[Exercise input Boundary: Start]

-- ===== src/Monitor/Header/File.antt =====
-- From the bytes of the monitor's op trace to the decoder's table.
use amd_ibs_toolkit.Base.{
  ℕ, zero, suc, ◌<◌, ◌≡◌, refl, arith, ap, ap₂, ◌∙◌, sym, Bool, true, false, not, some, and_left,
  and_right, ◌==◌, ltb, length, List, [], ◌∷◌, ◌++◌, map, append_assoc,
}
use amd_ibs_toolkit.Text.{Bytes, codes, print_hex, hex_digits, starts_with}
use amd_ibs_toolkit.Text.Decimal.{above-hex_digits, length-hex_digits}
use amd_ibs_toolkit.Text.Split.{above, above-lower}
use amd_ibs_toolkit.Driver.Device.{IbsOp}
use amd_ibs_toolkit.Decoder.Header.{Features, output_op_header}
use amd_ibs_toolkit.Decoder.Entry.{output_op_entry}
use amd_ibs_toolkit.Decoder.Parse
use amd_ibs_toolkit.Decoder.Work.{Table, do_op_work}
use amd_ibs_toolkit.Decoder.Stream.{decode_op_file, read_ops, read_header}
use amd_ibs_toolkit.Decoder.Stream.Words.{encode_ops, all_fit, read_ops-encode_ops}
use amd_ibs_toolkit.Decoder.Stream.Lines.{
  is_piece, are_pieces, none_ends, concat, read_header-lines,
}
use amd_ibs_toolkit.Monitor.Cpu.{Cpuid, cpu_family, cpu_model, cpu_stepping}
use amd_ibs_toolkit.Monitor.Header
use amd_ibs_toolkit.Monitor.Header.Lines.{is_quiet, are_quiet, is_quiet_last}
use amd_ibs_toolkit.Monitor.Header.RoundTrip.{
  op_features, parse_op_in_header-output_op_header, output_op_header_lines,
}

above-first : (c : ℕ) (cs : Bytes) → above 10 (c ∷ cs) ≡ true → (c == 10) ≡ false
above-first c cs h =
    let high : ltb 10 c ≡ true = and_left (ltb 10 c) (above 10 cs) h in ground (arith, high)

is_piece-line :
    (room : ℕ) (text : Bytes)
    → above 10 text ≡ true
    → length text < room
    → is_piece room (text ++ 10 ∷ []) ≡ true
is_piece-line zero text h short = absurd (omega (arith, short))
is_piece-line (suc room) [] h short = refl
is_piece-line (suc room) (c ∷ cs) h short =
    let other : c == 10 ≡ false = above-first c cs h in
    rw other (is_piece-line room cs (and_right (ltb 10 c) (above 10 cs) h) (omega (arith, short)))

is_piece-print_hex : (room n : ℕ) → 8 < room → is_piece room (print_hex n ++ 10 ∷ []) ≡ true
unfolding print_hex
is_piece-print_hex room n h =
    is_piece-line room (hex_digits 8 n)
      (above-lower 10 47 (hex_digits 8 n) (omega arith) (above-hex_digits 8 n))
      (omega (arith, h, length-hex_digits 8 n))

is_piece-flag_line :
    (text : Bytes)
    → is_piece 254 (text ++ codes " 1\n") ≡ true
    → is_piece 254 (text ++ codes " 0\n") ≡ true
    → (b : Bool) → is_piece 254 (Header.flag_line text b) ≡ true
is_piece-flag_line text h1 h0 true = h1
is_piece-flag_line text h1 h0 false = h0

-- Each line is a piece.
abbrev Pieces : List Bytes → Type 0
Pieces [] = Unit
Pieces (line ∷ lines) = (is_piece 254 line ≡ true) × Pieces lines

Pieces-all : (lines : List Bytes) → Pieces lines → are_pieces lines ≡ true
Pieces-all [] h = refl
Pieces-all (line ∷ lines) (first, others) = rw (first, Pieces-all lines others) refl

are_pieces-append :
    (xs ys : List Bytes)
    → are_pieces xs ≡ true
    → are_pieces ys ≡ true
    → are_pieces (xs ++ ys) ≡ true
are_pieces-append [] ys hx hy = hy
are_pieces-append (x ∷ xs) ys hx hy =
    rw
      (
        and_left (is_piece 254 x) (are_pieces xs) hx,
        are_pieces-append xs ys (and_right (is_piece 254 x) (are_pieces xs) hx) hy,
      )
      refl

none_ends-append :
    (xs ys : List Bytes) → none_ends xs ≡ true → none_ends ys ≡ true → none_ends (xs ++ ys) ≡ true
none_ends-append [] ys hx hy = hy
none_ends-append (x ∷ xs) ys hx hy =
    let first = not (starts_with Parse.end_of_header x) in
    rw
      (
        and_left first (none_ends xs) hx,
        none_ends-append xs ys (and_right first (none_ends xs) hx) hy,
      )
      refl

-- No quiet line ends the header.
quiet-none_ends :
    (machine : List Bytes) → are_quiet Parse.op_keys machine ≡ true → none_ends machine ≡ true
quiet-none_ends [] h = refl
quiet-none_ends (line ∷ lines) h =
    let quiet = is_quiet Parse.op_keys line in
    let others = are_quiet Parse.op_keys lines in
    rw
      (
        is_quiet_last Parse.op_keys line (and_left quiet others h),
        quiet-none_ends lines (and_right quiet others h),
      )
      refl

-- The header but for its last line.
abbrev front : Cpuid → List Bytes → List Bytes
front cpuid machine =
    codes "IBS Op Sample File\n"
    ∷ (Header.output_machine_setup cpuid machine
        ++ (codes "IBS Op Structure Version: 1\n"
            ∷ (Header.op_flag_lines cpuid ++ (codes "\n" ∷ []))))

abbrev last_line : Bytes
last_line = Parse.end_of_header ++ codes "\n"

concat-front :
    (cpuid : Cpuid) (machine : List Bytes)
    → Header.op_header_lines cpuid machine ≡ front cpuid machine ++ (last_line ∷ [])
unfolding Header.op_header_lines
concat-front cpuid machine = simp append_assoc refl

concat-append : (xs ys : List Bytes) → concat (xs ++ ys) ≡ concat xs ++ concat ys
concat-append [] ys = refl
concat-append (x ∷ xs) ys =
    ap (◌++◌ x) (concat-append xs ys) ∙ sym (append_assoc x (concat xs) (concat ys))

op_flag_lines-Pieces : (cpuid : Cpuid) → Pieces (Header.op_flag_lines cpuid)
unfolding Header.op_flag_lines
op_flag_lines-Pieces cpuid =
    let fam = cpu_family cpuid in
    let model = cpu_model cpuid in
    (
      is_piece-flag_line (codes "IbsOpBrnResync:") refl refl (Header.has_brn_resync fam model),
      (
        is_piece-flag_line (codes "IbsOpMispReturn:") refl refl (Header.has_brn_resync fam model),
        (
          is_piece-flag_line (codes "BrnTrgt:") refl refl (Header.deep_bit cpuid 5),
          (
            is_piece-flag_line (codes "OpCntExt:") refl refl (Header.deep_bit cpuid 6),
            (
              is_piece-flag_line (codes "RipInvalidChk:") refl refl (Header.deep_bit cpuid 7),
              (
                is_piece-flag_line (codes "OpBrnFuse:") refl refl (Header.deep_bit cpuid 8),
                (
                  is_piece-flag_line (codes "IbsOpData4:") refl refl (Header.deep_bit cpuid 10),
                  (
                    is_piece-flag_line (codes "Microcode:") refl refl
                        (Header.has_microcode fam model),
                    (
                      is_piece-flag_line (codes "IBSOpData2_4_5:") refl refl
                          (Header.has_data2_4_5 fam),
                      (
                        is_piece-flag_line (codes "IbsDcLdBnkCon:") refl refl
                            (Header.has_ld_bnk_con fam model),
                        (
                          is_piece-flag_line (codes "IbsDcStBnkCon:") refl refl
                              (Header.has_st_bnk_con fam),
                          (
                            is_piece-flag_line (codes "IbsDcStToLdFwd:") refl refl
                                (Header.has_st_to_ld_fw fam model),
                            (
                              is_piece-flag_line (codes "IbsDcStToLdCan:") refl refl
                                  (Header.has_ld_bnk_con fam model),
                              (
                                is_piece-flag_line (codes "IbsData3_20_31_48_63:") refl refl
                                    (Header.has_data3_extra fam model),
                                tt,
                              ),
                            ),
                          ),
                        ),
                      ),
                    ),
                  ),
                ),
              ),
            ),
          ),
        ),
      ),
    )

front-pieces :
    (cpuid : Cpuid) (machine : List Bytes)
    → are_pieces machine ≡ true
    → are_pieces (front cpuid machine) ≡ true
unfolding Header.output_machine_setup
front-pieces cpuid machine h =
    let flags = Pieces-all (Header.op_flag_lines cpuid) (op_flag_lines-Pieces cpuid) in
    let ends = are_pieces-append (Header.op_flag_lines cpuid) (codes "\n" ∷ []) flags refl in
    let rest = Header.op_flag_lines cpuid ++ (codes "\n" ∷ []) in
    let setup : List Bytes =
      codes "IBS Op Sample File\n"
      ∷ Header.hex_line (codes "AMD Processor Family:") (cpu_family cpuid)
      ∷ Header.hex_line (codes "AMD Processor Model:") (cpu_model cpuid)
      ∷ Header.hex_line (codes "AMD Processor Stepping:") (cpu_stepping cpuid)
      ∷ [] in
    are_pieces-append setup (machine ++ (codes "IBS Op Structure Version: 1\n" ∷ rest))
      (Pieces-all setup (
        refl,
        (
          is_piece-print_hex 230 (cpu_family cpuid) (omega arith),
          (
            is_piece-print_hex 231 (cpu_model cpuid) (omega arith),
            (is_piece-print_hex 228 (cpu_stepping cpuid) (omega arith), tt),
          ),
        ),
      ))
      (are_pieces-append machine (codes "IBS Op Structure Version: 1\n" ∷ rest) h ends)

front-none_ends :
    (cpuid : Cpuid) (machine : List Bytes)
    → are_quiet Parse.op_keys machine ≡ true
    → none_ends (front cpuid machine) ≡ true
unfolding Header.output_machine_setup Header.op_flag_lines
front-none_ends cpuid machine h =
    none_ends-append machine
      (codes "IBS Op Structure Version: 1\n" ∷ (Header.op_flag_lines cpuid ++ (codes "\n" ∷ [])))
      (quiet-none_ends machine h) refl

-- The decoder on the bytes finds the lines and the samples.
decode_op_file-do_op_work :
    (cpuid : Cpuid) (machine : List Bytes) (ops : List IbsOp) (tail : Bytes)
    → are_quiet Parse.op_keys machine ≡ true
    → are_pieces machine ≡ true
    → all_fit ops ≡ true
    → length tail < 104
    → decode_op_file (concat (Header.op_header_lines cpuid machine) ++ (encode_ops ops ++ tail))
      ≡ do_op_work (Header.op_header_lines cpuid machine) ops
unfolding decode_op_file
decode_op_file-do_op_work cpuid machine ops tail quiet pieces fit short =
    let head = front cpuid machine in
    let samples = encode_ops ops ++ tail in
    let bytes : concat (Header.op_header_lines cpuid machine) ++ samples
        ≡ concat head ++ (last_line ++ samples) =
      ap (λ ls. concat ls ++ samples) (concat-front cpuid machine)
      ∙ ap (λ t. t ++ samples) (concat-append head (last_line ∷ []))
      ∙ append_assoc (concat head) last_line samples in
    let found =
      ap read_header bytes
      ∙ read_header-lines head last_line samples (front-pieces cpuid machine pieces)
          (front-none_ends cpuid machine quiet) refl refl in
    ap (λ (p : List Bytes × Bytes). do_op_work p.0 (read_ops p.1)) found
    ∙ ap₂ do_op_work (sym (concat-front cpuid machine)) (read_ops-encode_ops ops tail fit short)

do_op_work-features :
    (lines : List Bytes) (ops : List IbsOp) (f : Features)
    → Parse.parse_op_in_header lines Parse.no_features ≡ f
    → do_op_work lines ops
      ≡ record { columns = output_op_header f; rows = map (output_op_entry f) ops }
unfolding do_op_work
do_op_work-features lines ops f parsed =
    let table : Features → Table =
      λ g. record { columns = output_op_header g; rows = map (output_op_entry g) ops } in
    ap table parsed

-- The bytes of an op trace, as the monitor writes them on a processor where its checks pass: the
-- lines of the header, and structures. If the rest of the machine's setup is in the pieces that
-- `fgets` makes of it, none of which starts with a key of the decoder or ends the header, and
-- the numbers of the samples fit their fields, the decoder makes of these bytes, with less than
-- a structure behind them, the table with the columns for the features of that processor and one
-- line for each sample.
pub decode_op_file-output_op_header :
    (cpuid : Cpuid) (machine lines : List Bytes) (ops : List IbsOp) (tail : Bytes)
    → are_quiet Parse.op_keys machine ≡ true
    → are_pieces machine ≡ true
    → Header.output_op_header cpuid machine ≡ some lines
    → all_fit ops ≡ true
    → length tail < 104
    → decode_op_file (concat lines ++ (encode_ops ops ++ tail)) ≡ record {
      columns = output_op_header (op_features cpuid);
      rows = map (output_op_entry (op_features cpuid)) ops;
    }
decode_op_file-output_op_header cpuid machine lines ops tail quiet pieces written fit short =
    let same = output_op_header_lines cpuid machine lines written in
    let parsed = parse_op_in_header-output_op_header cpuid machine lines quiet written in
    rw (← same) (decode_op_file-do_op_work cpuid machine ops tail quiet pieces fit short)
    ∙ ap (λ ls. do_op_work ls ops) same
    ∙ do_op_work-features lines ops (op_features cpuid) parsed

[Exercise input Boundary: End]
[Exercise input Boundary: Start]

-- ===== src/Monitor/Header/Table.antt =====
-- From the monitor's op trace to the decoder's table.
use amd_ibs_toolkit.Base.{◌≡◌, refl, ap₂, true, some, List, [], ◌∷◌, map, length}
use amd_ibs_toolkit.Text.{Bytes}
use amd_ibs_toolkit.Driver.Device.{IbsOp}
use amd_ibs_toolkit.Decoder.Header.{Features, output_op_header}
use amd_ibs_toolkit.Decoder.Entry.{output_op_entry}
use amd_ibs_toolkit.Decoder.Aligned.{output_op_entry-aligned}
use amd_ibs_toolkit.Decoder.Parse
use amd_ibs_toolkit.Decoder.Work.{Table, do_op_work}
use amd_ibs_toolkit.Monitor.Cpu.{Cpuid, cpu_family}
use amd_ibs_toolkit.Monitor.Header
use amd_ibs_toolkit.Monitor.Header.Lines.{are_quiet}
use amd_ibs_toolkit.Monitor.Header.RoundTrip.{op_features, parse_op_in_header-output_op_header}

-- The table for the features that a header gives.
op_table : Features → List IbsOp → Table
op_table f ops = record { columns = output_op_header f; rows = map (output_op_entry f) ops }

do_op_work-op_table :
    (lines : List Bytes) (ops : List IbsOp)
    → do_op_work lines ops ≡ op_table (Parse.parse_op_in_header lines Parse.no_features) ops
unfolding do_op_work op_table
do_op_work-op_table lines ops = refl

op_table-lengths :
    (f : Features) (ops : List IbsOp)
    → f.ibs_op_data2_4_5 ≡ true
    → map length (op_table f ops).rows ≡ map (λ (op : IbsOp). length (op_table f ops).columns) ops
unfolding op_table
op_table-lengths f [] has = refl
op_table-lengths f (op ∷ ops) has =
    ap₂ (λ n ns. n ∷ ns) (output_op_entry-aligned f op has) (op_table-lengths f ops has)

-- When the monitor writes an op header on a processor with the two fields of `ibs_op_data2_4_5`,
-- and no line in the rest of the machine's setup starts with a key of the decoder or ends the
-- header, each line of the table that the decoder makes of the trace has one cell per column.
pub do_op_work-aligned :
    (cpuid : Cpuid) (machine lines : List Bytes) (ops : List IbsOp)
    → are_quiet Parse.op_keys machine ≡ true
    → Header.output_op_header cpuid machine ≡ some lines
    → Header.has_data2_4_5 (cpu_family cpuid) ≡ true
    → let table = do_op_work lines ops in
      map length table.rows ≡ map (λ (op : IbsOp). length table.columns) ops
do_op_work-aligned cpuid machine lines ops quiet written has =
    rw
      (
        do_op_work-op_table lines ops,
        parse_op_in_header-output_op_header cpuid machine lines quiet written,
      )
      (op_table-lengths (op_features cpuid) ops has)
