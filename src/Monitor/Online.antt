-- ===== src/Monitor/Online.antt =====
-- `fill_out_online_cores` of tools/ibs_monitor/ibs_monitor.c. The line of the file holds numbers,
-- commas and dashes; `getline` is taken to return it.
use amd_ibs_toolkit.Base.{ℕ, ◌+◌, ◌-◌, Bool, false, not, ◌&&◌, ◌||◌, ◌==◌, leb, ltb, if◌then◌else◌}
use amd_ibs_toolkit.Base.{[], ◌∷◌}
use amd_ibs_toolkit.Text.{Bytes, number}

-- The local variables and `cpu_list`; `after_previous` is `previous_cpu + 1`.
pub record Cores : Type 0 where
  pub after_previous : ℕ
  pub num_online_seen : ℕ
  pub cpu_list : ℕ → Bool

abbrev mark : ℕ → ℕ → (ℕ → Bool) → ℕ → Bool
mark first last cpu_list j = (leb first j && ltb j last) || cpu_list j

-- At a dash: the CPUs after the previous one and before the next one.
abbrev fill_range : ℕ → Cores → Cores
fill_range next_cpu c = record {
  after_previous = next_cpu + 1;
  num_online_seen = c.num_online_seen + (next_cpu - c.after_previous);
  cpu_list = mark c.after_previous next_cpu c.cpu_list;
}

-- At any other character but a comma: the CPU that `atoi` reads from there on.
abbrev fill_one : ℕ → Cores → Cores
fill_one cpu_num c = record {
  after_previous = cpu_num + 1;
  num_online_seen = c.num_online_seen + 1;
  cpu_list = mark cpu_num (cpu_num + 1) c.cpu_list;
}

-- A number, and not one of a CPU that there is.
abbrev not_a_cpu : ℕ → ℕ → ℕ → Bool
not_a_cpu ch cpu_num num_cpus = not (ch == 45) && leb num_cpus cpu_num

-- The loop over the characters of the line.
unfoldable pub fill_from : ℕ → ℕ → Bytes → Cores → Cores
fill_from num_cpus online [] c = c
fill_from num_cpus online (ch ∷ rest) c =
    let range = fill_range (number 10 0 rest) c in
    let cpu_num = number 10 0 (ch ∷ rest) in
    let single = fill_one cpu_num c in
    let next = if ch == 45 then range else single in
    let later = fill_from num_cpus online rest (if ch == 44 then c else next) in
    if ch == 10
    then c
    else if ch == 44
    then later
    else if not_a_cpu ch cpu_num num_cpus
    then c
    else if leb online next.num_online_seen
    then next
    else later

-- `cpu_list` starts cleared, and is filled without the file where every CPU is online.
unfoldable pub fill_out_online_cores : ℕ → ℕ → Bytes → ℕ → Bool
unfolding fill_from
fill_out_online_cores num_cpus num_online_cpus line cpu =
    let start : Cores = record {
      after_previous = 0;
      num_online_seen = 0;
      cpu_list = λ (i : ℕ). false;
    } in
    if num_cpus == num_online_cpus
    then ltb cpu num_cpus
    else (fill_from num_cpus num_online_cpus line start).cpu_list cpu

[Exercise input Boundary: End]
[Exercise input Boundary: Start]

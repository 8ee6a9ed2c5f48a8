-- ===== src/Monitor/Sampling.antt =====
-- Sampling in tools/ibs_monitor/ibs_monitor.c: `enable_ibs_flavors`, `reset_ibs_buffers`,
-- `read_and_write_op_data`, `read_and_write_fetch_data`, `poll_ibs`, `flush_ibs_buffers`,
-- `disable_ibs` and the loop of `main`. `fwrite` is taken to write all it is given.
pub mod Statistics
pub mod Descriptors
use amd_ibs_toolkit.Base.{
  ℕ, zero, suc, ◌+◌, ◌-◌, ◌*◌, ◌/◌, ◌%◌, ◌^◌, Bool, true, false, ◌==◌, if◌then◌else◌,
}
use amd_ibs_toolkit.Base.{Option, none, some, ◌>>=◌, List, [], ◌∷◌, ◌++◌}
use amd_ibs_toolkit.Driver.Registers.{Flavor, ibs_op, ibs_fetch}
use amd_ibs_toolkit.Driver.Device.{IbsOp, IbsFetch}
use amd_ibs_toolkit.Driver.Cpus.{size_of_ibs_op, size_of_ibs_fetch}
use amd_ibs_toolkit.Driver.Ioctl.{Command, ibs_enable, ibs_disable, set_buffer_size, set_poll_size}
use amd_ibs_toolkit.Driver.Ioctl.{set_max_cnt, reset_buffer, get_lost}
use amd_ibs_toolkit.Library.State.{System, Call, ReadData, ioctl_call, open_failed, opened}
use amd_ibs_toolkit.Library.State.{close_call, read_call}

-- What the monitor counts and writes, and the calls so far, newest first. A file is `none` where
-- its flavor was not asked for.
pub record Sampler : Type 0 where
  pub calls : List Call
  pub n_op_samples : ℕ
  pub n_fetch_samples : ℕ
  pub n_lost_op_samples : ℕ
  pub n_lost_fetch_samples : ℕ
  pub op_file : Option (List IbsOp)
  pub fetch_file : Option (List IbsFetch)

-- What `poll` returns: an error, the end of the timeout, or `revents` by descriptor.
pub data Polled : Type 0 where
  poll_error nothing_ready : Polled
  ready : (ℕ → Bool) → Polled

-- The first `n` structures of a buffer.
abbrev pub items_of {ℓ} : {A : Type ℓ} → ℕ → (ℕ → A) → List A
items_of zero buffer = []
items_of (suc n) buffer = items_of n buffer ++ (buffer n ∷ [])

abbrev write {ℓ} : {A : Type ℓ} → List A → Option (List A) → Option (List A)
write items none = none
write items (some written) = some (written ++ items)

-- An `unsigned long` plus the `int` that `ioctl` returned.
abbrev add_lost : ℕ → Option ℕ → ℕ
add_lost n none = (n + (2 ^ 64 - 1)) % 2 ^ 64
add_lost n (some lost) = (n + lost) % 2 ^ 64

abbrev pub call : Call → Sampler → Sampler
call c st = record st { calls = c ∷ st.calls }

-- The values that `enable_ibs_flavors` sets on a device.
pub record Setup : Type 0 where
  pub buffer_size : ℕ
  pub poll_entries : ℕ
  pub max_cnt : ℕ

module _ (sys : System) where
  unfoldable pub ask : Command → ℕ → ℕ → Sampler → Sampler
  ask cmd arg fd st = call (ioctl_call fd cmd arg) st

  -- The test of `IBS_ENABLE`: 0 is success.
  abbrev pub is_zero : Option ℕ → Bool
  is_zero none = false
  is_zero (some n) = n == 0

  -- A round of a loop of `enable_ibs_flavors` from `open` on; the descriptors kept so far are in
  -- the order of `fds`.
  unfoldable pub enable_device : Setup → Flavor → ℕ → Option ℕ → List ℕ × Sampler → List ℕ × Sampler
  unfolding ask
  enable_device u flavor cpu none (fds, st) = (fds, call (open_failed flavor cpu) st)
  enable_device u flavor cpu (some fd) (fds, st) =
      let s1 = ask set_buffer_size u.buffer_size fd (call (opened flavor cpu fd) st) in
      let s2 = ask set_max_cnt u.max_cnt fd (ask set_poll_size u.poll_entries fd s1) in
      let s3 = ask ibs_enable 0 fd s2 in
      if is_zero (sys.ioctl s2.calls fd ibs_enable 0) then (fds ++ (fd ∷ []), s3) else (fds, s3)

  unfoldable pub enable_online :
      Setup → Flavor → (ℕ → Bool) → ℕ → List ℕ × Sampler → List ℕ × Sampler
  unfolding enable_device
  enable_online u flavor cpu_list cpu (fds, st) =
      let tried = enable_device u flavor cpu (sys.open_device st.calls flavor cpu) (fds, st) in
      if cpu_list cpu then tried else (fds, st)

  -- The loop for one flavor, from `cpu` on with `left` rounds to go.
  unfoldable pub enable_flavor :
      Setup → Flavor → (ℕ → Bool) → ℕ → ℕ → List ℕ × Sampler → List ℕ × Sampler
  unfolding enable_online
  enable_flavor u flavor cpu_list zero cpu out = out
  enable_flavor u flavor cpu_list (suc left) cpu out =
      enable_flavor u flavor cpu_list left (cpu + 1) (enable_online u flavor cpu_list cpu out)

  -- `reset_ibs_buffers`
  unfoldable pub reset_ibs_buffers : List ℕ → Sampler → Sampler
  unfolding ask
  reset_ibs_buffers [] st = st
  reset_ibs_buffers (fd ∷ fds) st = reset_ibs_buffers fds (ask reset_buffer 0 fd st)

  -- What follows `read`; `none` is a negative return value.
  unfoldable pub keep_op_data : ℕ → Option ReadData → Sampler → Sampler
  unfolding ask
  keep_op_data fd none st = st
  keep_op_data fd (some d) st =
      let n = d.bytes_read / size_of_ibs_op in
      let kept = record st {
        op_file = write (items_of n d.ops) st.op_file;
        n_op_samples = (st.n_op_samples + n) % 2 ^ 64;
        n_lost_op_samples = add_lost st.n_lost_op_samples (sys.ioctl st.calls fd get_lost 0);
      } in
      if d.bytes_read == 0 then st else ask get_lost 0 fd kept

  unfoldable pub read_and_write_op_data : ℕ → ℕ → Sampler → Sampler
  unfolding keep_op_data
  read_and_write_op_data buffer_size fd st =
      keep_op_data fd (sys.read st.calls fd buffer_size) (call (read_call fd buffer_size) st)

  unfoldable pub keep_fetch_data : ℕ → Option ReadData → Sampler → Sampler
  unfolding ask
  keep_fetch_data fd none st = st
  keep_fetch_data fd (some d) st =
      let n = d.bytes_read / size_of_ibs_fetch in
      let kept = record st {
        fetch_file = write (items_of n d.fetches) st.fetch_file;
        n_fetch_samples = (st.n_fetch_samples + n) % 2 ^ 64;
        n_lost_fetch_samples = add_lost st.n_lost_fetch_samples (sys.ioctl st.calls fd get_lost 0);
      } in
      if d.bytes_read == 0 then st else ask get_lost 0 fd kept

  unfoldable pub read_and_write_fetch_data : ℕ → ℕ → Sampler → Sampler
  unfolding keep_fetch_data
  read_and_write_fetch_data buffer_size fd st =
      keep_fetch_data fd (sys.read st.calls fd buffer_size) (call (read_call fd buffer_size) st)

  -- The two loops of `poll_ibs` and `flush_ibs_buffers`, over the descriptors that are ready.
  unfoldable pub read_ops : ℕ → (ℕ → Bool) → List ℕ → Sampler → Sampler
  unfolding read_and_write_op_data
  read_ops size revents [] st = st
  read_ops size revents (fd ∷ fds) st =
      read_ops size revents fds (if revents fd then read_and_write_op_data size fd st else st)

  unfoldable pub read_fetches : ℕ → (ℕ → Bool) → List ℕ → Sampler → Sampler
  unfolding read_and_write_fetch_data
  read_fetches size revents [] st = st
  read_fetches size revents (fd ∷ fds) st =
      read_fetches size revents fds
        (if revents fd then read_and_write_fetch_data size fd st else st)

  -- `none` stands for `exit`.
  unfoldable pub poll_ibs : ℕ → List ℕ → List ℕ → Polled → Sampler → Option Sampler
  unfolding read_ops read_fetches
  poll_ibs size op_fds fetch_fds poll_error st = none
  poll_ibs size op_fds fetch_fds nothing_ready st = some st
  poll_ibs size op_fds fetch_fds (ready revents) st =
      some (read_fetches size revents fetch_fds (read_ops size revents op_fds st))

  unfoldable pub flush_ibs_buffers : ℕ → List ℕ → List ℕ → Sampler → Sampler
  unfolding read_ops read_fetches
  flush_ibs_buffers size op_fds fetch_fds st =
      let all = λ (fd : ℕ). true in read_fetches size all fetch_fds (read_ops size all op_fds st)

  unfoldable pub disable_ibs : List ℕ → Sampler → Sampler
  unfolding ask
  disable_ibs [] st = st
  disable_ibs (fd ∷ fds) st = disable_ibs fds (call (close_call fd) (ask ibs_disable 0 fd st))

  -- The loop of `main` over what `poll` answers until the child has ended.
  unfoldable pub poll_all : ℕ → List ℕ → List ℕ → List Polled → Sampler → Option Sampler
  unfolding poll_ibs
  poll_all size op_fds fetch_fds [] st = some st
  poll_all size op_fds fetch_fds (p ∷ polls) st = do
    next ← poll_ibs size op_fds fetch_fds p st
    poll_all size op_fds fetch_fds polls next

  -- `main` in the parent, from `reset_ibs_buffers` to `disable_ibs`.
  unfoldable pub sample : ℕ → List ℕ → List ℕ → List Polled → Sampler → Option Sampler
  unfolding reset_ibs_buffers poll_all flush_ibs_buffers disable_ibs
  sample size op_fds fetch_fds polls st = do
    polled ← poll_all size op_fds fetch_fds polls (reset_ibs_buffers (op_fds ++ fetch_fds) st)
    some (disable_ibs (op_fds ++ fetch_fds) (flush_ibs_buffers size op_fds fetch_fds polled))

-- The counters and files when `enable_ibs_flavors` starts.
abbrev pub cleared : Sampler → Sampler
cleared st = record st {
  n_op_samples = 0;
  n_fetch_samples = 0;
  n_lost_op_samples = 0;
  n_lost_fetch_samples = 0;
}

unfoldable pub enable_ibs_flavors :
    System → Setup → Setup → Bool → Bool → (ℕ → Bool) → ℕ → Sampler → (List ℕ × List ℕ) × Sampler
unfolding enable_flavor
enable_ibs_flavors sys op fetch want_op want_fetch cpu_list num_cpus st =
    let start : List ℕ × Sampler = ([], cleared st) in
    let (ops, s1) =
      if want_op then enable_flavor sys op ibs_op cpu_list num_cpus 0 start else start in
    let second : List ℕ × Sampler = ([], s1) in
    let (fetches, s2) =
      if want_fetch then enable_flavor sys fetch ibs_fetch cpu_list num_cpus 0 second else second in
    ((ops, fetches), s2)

[Exercise input Boundary: End]

Required action -
Return only the part of the records above that opens with the line containing "filename src/Monitor/Online.antt" and closes with the line containing "abbrev fill_range : ℕ → Cores → Cores", ends included.

Written reply -
filename src/Monitor/Online.antt
-- ===== src/Monitor/Online.antt =====
-- `fill_out_online_cores` of tools/ibs_monitor/ibs_monitor.c. The line of the file holds numbers,
-- commas and dashes; `getline` is taken to return it.
use amd_ibs_toolkit.Base.{ℕ, ◌+◌, ◌-◌, Bool, false, not, ◌&&◌, ◌||◌, ◌==◌, leb, ltb, if◌then◌else◌}
use amd_ibs_toolkit.Base.{[], ◌∷◌}
use amd_ibs_toolkit.Text.{Bytes, number}

-- The local variables and `cpu_list`; `after_previous` is `previous_cpu + 1`.
pub record Cores : Type 0 where
  pub after_previous : ℕ
  pub num_online_seen : ℕ
  pub cpu_list : ℕ → Bool

abbrev mark : ℕ → ℕ → (ℕ → Bool) → ℕ → Bool
mark first last cpu_list j = (leb first j && ltb j last) || cpu_list j

-- At a dash: the CPUs after the previous one and before the next one.
abbrev fill_range : ℕ → Cores → Cores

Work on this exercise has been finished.